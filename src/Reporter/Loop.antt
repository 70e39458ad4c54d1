-- ===== src/Reporter/Loop.antt =====
-- certificate_reporter.go: what a worker does with the queue, and the start, the stop and the
-- statistics of a state.
use caddy_storage_redis.Prelude.{
  ℕ, ◌+◌, ◌*◌, ◌%◌, ◌^◌, Bytes, List, [], ◌∷◌, Bool, true, false, not, ◌&&◌, ◌||◌, Option, none,
  some, if◌then◌else◌, length, ltb, leb,
}
use caddy_storage_redis.Dict.{find, put, remove, is_some}
use caddy_storage_redis.Reporter.{CertificateWork, Counters, ReporterState, prune, second, add_one}

-- Work that could be taken, before what has been found so far.
abbrev pub is_due : ℕ → CertificateWork → Bool
is_due now w = not w.busy && leb w.due now

abbrev pub is_before : CertificateWork → Option (Bytes × CertificateWork) → Bool
is_before w none = true
is_before w (some (host, v)) = ltb w.due v.due

-- The loop of `run` over the work.
unfoldable pub select :
    ℕ
    → Option (Bytes × CertificateWork)
    → List (Bytes × CertificateWork)
    → Option (Bytes × CertificateWork)
select now selected [] = selected
select now selected ((host, w) ∷ m) =
    select now (if is_due now w && is_before w selected then some (host, w) else selected) m

-- The diagnostic of a minute, with its two counts.
unfoldable pub diagnose : ℕ → ReporterState → ReporterState × Option (ℕ × ℕ)
diagnose now s =
    let c = s.counters in
    if s.has_logger
      && leb (s.last_diagnostic + 60 * second) now
      && (ltb 0 c.dropped || ltb 0 c.failures)
    then (record s { last_diagnostic = now }, some (c.dropped, c.failures))
    else (s, none)

abbrev pub set_busy : Bool → CertificateWork → CertificateWork
set_busy b w = record w { busy = b }

-- The selected work is marked in the map.
abbrev pub mark : Option (Bytes × CertificateWork) → ReporterState → ReporterState
mark none s = s
mark (some (host, w)) s = record s { work = put host (set_busy true w) s.work }

-- One turn of `run` under the lock: the work that is taken, and the diagnostic.
unfoldable pub take_work :
    ℕ → ReporterState → Option (Bytes × CertificateWork) × ReporterState × Option (ℕ × ℕ)
unfolding prune select diagnose put
take_work now s =
    let t = prune now s in
    let selected = select now none t.work in
    let (u, diagnostic) = diagnose now (mark selected t) in (selected, u, diagnostic)

-- The work is an object that the map holds: what is done to it shows there, if it still stands
-- there.
abbrev pub write_back : Bytes → CertificateWork → ReporterState → ReporterState
write_back host w s =
    if is_some (find host s.work) then record s { work = put host w s.work } else s

-- What `process` has counted; only failures can be two.
pub record Tally : Type 0 where
  pub delivered : Bool
  pub accepted : Bool
  pub failures : ℕ

abbrev pub add_if : Bool → ℕ → ℕ
add_if b n = if b then add_one n else n

abbrev pub count : Tally → Counters → Counters
count t c = record c {
  delivered = add_if t.delivered c.delivered;
  accepted = add_if t.accepted c.accepted;
  failures = (c.failures + t.failures) % 2 ^ 64;
}

-- `run`, after `process` has answered for the work; what it has counted is added here
unfoldable pub finish_work :
    ℕ → Bytes → CertificateWork → Bool → Tally → ReporterState → ReporterState
unfolding find put remove
finish_work now host w keeps tally s =
    let t = write_back host (set_busy false w) (record s { counters = count tally s.counters }) in
    if not keeps || s.cancelled || leb w.expires now
    then record t { work = remove (w.candidate).hostname t.work }
    else t

-- `start`; the two workers count themselves when they run
unfoldable pub start : ReporterState → Bool × ReporterState
start s = if s.started || s.cancelled then (false, s) else (true, record s { started = true })

-- `cancel`, which `stop` begins with
abbrev pub cancel : ReporterState → ReporterState
cancel s = record s { cancelled = true }

-- `stop`, after the workers have ended
abbrev pub clear_work : ReporterState → ReporterState
clear_work s = record s { work = []; dedupe = [] }

-- `CertificateReporterStats`
pub record CertificateReporterStats : Type 0 where
  pub active : ℕ
  pub dedupe : ℕ
  pub workers : ℕ
  pub counters : Counters

-- `snapshot`
unfoldable pub snapshot : ReporterState → CertificateReporterStats
snapshot s = record {
  active = length s.work;
  dedupe = length s.dedupe;
  workers = s.workers;
  counters = s.counters;
}
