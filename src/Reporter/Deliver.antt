-- ===== src/Reporter/Deliver.antt =====
-- certificate_reporter.go: `deliver`, and what is answered to a worker: by the probe, the clock, the
-- random source and the server.
use caddy_storage_redis.Prelude.{
  ℕ, ◌-◌, ◌%◌, Bytes, Bool, true, false, not, ◌||◌, Option, none, some, if◌then◌else◌, codes,
  length, take, ltb, ◌==◌,
}
use caddy_storage_redis.Go.Strconv.{ℤ}
use caddy_storage_redis.Reporter.{second, CertificateAcceptance, CertificateEvent, ReporterState}
use caddy_storage_redis.Reporter.Acceptance.{Formats, parse_certificate_acceptance}
use caddy_storage_redis.Reporter.Loop.{Tally}

-- `Truncate(time.Second)`
abbrev pub truncate : ℕ → ℕ
truncate t = t - t % second

-- `CertificateProbeResult`; the result is the string of a `CertificateTLSResult`.
pub record CertificateProbeResult : Type 0 where
  pub result : Bytes
  pub checked_at : ℕ
  pub served_leaf_sha256 : Bytes

abbrev pub tls_valid : Bytes
tls_valid = codes "valid"

-- What a request comes to: an error, or a status and a body, which may fail to be read.
pub data Response : Type 0 where
  no_response : Response
  response : ℕ → Option Bytes → Response

-- What is asked of the server.
pub record Request : Type 0 where
  pub url : Bytes
  pub server_id : ℤ
  pub key : Bytes
  pub body : Bytes

-- What is answered in one run of `process`, in the order in which it is asked.
pub record Answers : Type 0 where
  pub expired : Bool
  pub probe : CertificateProbeResult
  pub expired_after_probe : Bool
  pub random : Option Bytes
  pub encode : CertificateEvent → Option Bytes
  pub new_request : Bytes → Bool
  pub response : Response
  pub received_at : ℕ
  pub jitter : Option ℕ
  pub now : ℕ

abbrev pub no_tally : Tally
no_tally = record { delivered = false; accepted = false; failures = 0 }

abbrev pub one_failure : Tally
one_failure = record { delivered = false; accepted = false; failures = 1 }

abbrev pub one_delivery : Tally
one_delivery = record { delivered = true; accepted = false; failures = 0 }

-- What `deliver` gives: the acceptance, whether to try again, the request that was sent, and what
-- was counted.
pub record Delivery : Type 0 where
  pub acceptance : Option CertificateAcceptance
  pub retry : Bool
  pub request : Option Request
  pub tally : Tally

abbrev pub undelivered : Bool → Option Request → Delivery
undelivered retry request = record {
  acceptance = none;
  retry = retry;
  request = request;
  tally = one_failure;
}

unfoldable pub delivered_with : Option Request → Option CertificateAcceptance → Delivery
delivered_with request none = undelivered false request
delivered_with request (some a) = record {
  acceptance = some a;
  retry = false;
  request = request;
  tally = one_delivery;
}

module _ (J : Formats) where
  -- The body of an answer with status 202, of which 8193 bytes are read.
  unfoldable pub read_body : ℕ → Option Request → Option Bytes → Option Delivery
  unfolding delivered_with
  read_body now request none = some (undelivered true request)
  read_body now request (some body) =
      let payload = take 8193 body in
      if ltb 8192 (length payload)
      then some (undelivered false request)
      else elim (parse_certificate_acceptance J payload now) [
        | none ↦ none
        | some r ↦ some (delivered_with request r)
      ]

  -- What follows a request.
  unfoldable pub receive : ℕ → Option Request → Response → Option Delivery
  unfolding read_body
  receive now request no_response = some (undelivered true request)
  receive now request (response status body) =
      if status == 204
      then some
          (record { acceptance = none; retry = false; request = request; tally = one_delivery })
      else if status == 202
      then read_body now request body
      else some (undelivered (status == 429 || status == 503) request)

  -- `deliver`
  unfoldable pub deliver : ReporterState → Answers → CertificateEvent → Option Delivery
  unfolding receive
  deliver s r event = elim (r.encode event) [
    | none ↦ some (undelivered false none)
    | some body ↦
        if ltb 8192 (length body) || not (r.new_request s.endpoint)
        then some (undelivered false none)
        else receive r.received_at
            (some (record { url = s.endpoint; server_id = s.cluster; key = s.token; body = body }))
            r.response
  ]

=-=-=-=-=

In the listing above, locate the line containing "tally = one_failure;" and the line containing "else receive r.received_at". Transcribe those two lines and everything between them, exactly as written.

> _Exercise result_
  tally = one_failure;
}

unfoldable pub delivered_with : Option Request → Option CertificateAcceptance → Delivery
delivered_with request none = undelivered false request
delivered_with request (some a) = record {
  acceptance = some a;
  retry = false;
  request = request;
  tally = one_delivery;
}

module _ (J : Formats) where
  -- The body of an answer with status 202, of which 8193 bytes are read.
  unfoldable pub read_body : ℕ → Option Request → Option Bytes → Option Delivery
  unfolding delivered_with
  read_body now request none = some (undelivered true request)
  read_body now request (some body) =
      let payload = take 8193 body in
      if ltb 8192 (length payload)
      then some (undelivered false request)
      else elim (parse_certificate_acceptance J payload now) [
        | none ↦ none
        | some r ↦ some (delivered_with request r)
      ]

  -- What follows a request.
  unfoldable pub receive : ℕ → Option Request → Response → Option Delivery
  unfolding read_body
  receive now request no_response = some (undelivered true request)
  receive now request (response status body) =
      if status == 204
      then some
          (record { acceptance = none; retry = false; request = request; tally = one_delivery })
      else if status == 202
      then read_body now request body
      else some (undelivered (status == 429 || status == 503) request)

  -- `deliver`
  unfoldable pub deliver : ReporterState → Answers → CertificateEvent → Option Delivery
  unfolding receive
  deliver s r event = elim (r.encode event) [
    | none ↦ some (undelivered false none)
    | some body ↦
        if ltb 8192 (length body) || not (r.new_request s.endpoint)
        then some (undelivered false none)
        else receive r.received_at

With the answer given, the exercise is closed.